Stored data entries:

===

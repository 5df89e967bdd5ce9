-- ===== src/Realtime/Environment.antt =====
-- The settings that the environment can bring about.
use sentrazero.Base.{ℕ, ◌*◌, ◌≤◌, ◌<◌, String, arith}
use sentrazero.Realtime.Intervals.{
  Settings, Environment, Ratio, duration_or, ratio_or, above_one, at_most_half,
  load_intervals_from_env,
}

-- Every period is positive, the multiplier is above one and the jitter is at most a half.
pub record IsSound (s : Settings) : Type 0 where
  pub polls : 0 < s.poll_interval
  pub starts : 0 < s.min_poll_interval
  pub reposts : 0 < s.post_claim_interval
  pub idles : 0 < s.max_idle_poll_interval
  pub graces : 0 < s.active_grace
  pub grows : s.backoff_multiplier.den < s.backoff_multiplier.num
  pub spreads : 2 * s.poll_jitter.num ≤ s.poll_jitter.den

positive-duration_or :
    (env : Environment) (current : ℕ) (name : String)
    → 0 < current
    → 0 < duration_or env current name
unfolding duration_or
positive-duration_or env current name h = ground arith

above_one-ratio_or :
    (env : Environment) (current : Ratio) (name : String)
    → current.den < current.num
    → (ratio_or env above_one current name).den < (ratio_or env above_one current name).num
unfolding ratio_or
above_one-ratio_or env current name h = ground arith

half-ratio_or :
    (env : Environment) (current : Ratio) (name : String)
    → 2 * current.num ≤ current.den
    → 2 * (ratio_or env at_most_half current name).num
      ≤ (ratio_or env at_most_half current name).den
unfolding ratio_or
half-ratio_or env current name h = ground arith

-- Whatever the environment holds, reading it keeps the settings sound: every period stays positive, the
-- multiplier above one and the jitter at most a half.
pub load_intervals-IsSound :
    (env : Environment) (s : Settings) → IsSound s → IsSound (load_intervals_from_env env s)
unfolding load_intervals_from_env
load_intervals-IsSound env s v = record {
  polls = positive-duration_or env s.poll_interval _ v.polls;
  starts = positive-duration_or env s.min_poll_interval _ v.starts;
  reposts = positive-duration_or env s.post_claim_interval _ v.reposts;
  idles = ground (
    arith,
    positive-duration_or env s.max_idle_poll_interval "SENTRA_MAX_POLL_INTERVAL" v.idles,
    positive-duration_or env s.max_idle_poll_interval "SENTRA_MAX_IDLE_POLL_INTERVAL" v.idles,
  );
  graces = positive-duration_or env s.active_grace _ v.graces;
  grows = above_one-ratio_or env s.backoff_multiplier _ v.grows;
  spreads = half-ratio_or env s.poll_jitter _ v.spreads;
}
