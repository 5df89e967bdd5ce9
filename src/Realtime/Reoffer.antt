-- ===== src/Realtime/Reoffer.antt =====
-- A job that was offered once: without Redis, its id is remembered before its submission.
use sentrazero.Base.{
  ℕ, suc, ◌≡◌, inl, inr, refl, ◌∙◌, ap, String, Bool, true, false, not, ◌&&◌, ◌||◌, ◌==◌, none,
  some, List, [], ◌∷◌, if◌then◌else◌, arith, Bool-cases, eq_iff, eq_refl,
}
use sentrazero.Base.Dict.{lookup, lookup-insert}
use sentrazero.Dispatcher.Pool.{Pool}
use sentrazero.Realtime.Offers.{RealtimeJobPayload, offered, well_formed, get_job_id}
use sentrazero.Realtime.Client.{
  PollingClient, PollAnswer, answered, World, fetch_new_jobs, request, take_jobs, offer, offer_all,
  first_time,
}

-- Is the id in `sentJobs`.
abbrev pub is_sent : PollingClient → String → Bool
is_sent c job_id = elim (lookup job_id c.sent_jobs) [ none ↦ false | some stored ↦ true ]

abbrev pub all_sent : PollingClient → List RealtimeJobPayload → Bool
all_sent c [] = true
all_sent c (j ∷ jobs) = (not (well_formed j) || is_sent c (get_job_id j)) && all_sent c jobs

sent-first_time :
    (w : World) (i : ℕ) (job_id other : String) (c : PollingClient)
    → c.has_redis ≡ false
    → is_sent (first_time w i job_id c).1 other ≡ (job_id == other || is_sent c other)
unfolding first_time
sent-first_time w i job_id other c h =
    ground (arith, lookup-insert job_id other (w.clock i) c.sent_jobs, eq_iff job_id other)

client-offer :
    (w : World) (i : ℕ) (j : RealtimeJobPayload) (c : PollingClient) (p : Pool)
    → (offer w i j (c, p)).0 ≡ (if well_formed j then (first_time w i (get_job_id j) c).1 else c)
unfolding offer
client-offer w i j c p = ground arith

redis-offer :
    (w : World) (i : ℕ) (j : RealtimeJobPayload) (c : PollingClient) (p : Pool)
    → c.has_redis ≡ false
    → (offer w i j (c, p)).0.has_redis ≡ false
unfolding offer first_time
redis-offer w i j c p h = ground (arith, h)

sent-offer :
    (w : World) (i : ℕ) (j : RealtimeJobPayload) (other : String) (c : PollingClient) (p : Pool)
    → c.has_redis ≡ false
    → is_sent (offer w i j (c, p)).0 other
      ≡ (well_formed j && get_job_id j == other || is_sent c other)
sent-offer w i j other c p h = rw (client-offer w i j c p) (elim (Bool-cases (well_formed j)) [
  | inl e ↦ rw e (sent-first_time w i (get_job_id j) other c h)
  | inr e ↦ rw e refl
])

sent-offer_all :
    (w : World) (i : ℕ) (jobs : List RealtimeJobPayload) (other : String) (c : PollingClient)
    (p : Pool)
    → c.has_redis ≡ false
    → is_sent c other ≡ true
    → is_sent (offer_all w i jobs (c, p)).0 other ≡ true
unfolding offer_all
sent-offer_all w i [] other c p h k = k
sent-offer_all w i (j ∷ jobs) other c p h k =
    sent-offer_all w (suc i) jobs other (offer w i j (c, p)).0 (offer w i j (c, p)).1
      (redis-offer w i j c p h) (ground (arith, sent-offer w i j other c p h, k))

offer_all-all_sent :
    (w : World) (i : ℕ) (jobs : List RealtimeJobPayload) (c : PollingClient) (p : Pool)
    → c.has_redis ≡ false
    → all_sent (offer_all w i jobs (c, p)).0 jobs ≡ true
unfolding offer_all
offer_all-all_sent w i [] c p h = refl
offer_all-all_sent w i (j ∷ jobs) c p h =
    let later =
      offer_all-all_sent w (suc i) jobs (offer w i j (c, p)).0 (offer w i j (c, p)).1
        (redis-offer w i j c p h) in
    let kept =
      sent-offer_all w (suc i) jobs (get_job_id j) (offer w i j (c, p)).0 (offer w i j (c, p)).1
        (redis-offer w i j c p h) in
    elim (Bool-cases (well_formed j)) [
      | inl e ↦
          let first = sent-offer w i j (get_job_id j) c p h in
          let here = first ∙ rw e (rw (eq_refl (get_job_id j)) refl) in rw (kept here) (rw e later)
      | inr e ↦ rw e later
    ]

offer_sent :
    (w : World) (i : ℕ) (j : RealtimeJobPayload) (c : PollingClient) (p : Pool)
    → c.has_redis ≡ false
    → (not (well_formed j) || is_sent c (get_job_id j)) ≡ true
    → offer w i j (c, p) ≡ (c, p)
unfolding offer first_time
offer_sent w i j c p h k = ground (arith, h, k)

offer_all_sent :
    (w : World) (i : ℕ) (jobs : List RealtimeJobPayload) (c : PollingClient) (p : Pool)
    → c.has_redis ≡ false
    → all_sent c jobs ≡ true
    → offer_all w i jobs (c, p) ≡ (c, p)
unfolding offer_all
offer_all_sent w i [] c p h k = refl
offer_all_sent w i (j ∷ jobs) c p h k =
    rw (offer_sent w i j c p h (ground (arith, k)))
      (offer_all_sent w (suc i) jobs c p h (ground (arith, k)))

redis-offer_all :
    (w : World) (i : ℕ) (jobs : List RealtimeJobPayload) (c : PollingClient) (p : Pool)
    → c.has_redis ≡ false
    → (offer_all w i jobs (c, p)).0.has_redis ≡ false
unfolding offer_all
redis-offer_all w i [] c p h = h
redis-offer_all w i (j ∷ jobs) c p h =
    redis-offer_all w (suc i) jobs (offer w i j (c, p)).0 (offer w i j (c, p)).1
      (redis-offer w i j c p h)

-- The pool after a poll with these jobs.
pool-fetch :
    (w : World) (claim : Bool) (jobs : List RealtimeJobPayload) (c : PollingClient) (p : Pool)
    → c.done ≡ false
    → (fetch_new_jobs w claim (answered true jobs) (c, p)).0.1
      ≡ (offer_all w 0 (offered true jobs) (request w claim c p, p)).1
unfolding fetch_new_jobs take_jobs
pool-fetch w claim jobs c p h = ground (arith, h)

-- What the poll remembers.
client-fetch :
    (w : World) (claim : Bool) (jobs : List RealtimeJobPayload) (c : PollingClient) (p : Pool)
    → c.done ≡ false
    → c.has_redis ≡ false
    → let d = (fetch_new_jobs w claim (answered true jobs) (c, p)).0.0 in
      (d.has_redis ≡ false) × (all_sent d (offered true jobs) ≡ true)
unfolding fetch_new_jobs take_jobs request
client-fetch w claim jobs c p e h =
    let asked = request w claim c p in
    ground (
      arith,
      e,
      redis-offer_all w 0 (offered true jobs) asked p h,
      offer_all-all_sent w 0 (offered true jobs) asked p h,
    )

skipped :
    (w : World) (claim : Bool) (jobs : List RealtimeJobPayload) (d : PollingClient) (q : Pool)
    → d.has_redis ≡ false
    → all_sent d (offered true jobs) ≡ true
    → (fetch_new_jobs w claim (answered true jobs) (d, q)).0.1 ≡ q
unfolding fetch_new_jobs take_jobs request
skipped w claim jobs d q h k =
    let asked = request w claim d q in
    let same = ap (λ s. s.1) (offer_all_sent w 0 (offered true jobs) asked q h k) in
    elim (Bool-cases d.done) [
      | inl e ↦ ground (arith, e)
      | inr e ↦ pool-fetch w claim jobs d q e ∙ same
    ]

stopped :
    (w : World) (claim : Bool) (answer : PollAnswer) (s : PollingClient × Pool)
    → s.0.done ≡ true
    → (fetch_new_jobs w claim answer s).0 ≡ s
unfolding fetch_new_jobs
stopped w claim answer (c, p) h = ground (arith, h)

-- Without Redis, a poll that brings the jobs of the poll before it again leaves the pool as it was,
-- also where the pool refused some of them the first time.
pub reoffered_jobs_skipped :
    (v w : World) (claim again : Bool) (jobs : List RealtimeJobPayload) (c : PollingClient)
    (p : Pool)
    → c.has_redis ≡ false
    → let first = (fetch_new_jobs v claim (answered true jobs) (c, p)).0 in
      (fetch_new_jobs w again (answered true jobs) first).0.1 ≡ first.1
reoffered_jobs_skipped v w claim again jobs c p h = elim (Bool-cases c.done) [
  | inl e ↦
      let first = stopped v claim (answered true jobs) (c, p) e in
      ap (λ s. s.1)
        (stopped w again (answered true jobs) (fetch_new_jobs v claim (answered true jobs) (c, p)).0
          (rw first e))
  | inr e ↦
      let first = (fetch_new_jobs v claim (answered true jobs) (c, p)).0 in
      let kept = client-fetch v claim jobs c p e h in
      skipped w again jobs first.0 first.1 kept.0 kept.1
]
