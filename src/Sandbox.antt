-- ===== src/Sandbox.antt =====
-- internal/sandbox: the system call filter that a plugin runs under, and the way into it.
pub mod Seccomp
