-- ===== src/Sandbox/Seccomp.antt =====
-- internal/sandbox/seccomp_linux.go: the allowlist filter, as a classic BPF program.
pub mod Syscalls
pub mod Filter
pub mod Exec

===

• PROBLEM REQUIREMENTS
The answer must be the line containing "-- ===== src/Sandbox.antt" and every line after it through the last line of the records above, repeated exactly.

• THE COMPLETED TASK
-- ===== src/Sandbox.antt =====
-- internal/sandbox: the system call filter that a plugin runs under, and the way into it.
pub mod Seccomp
-- ===== src/Sandbox/Seccomp.antt =====
-- internal/sandbox/seccomp_linux.go: the allowlist filter, as a classic BPF program.
pub mod Syscalls
pub mod Filter
pub mod Exec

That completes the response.